Identifying a catalyst supposedly primed to prepare a man for an awakening, guaranteed by those before, with years of inquisition and hardship compelled and endured by or with neurons, the subconscious, or instinctual action, hadn’t yet arrived; a stranger implying that this man’s alienation exists because of his indifference, pernicious to his connections stabilized by love, unwavering but underappreciated, or stubbornly disregarded, wouldn’t accomplish such a reveal; it is possible that he was lost to the herds of his introspections—the wolves of interpretation meeting the river of presuppositions in an argument with a bed of rocks, lapping up the water that consciously streamed with frothy waves and conjoining ripples—and he considered the land below his feet scolding while saying to him: this place won’t do it for you, either. The sultry summer softened by its breath of wind, with a flick to the ear by a dread of hair from his head, as if to keep the man in shape as the loose tires of a sedan carried him along the hills of Texas, through the valleys around Boise, and then over the side of a mountain, should have been enough—as long as the question thought but seemingly not pondered by all ceased to persist. Yet, the deep dissatisfaction survived, while a specific revelation remained hidden. If two thousand miles couldn’t do it, what would?
He would think of his journey as an ice sickle, forming over time, in front of his face—on the window pane that reflected it. Over a roof’s lip, he would find purpose in the rigidity of his fate, in which a pouring of lessons hardened into an inherited position, just as the sickle before. The clashing of ice shattering over the pavement to exclaim a strong existence, where physicality meant more than intuition, would grant him a place to belong: on the earth, where there would be a damning display of his perfunctory attempts and reputation. There, he would find a notch for his reincarnation to aim for—come next winter—if he were his father’s child.

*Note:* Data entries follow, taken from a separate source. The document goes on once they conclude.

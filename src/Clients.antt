-- ===== src/Clients.antt =====
-- common/handlers/client_list.c and the structs of common/types/client.h. The mutex of the list makes
-- each function one step.
pub mod Pairs
pub mod Finding
pub mod Adding
pub mod Removing
pub mod Keeping
pub mod Leaving
use jm_bus.Common.{
  ℕ, zero, suc, ◌+◌, ◌-◌, Bool, true, false, ◌&&◌, Option, none, some, List, [], ◌∷◌, length,
  get_elem?, if◌then◌else◌, ltb, leb, ◌==◌, Cmd, fault, exits, out_of_bounds, pure, call, ◌>>=◌,
  ◌>>◌,
}
use jm_bus.Arrays.{array_remove_item, array_resize}
use jm_bus.Cstd.{Array, ArrayLib, len}
use jm_bus.Sockets.{Sockets}

-- `struct pollfd`
pub record PollFd : Type 0 where
  pub fd : ℕ
  pub events : ℕ
  pub revents : ℕ

abbrev pub pollin : ℕ
pollin = 1

pub record ClientMetadata : Type 0 where
  pub topics : Array (List ℕ)

pub record ClientList : Type 0 where
  pub fds : Array PollFd
  pub metadata : Array ClientMetadata

-- The loop for the first item with the socket.
unfoldable pub index_of_fd : ℕ → List PollFd → Option ℕ
index_of_fd sock [] = none
index_of_fd sock (p ∷ ps) =
    if p.fd == sock
    then some 0
    else elim (index_of_fd sock ps) [ none ↦ none | some i ↦ some (suc i) ]

-- `client_list_get_idx`; -1 is none
unfoldable pub client_list_get_idx : ClientList → ℕ → Option ℕ
client_list_get_idx cl sock = index_of_fd sock cl.fds.items

-- `client_list_get_by_idx`: `*fd` where the result is true
unfoldable pub client_list_get_by_idx : ClientList → ℕ → Option PollFd
client_list_get_by_idx cl idx = get_elem? cl.fds.items idx

-- `client_list_get`: `*fd` where the result is true
unfoldable pub client_list_get : ClientList → ℕ → Option PollFd
client_list_get cl sock = find cl.fds.items
  where
    find : List PollFd → Option PollFd
    find [] = none
    find (p ∷ ps) = if p.fd == sock then some p else find ps

module _ {W : Type 0} (lib : ArrayLib W) where
  unfoldable pub client_list_init : Cmd W (Option ClientList)
  client_list_init = do
    fds ← call (lib.init {A = PollFd} 100)
    elim fds [
      | none ↦ pure none
      | some fds' ↦ do
        metadata ← call (lib.init {A = ClientMetadata} 100)
        elim metadata [
          | none ↦ pure none
          | some metadata' ↦ pure (some (record { fds = fds'; metadata = metadata' }))
        ]
    ]

  unfoldable pub client_metadata_init : Cmd W (Option ClientMetadata)
  client_metadata_init = do
    topics ← call (lib.init {A = List ℕ} 2)
    elim topics [ none ↦ pure none | some topics' ↦ pure (some (record { topics = topics' })) ]

  -- The strings are freed, and then their array.
  unfoldable pub client_metadata_free : ClientMetadata → Cmd W (Unit {0})
  client_metadata_free metadata = lib.free metadata.topics

  unfoldable pub client_list_add : ClientList → ℕ → Cmd W (Bool × ClientList)
  unfolding client_metadata_init
  client_list_add cl sock = do
    (inserted, fds') ← call (lib.insert cl.fds (record { fd = sock; events = pollin; revents = 0 }))
    if inserted
        then (do
          made ← client_metadata_init
          elim made [
            | none ↦ pure (false, record cl { fds = fds' })
            | some metadata ↦ do
              (stored, metadata') ← call (lib.insert cl.metadata metadata)
              pure (stored, record { fds = fds'; metadata = metadata' })
          ])
        else pure (false, record cl { fds = fds' })

  -- `client_list_remove_by_idx` and `client_metadata_array_remove`: beyond a gap of 100 the array is
  -- resized, and a failure of that is the result.
  unfoldable pub remove_and_shrink : {A : Type 0} → Array A → ℕ → Cmd W (Bool × Array A)
  remove_and_shrink arr idx = do
    let (removed, arr') = array_remove_item arr idx
    if ltb 100 (arr'.cap - len arr')
        then (do (resized, arr'') ← array_resize lib arr'; pure (removed && resized, arr''))
        else pure (removed, arr')

  -- At the index found: both arrays lose it, or the program exits.
  unfoldable pub remove_at : ClientList → ℕ → Cmd W (Bool × ClientList)
  remove_at cl idx = do
    (fds_result, fds') ← remove_and_shrink cl.fds idx
    elim (get_elem? cl.metadata.items idx) [
      | none ↦ λ _. fault out_of_bounds
      | some md ↦ do
        client_metadata_free md
        (metadata_result, metadata') ← remove_and_shrink cl.metadata idx
        if fds_result && metadata_result
            then pure (true, record { fds = fds'; metadata = metadata' })
            else (λ _. exits 1)
    ]

  -- True also where no client has the socket.
  unfoldable pub remove_found : ClientList → Option ℕ → Cmd W (Bool × ClientList)
  remove_found cl none = pure (true, cl)
  remove_found cl (some idx) = remove_at cl idx

  unfoldable pub client_list_remove : ClientList → ℕ → Cmd W (Bool × ClientList)
  client_list_remove cl sock = remove_found cl (index_of_fd sock cl.fds.items)

  -- Every descriptor of the list is closed.
  unfoldable pub close_each : Sockets W → List PollFd → Cmd W (Unit {0})
  close_each os [] = pure tt
  close_each os (p ∷ ps) = do call (os.close p.fd); close_each os ps

  unfoldable pub client_list_close_connections : Sockets W → ClientList → Cmd W Bool
  unfolding close_each
  client_list_close_connections os cl = do close_each os cl.fds.items; pure true

  unfoldable pub client_list_free : ClientList → Cmd W (Unit {0})
  client_list_free cl = do lib.free cl.fds; lib.free cl.metadata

However, he could experience life after having already formed along that lip, as a gradual melting during which each hour that passed, as the sun raised again, dissolved his curiosity into expressive droplets, shaped by acceptance and release, composing a puddle in that the reflection of his sickle swore to meet his consciousness at the place it had been landing. There could be a puddle that collected what he valued the most: the lessons learned by the sickles in his company, that inked instead of engraved, painted instead of tackled, sang instead of yelled, edited instead of clipped, filmed instead of captured, and created instead of dreamed. The impression those sickles could leave for him showed him how to design then interact, compose, compel, solve, re-frame, and seek knowledge to address the welfare of the atoms, collaborating to build a collective conscience preparing for an eve, as well as that of refraction: a noticeable change like a destined revelation set over an Eden—if he was his mother’s child.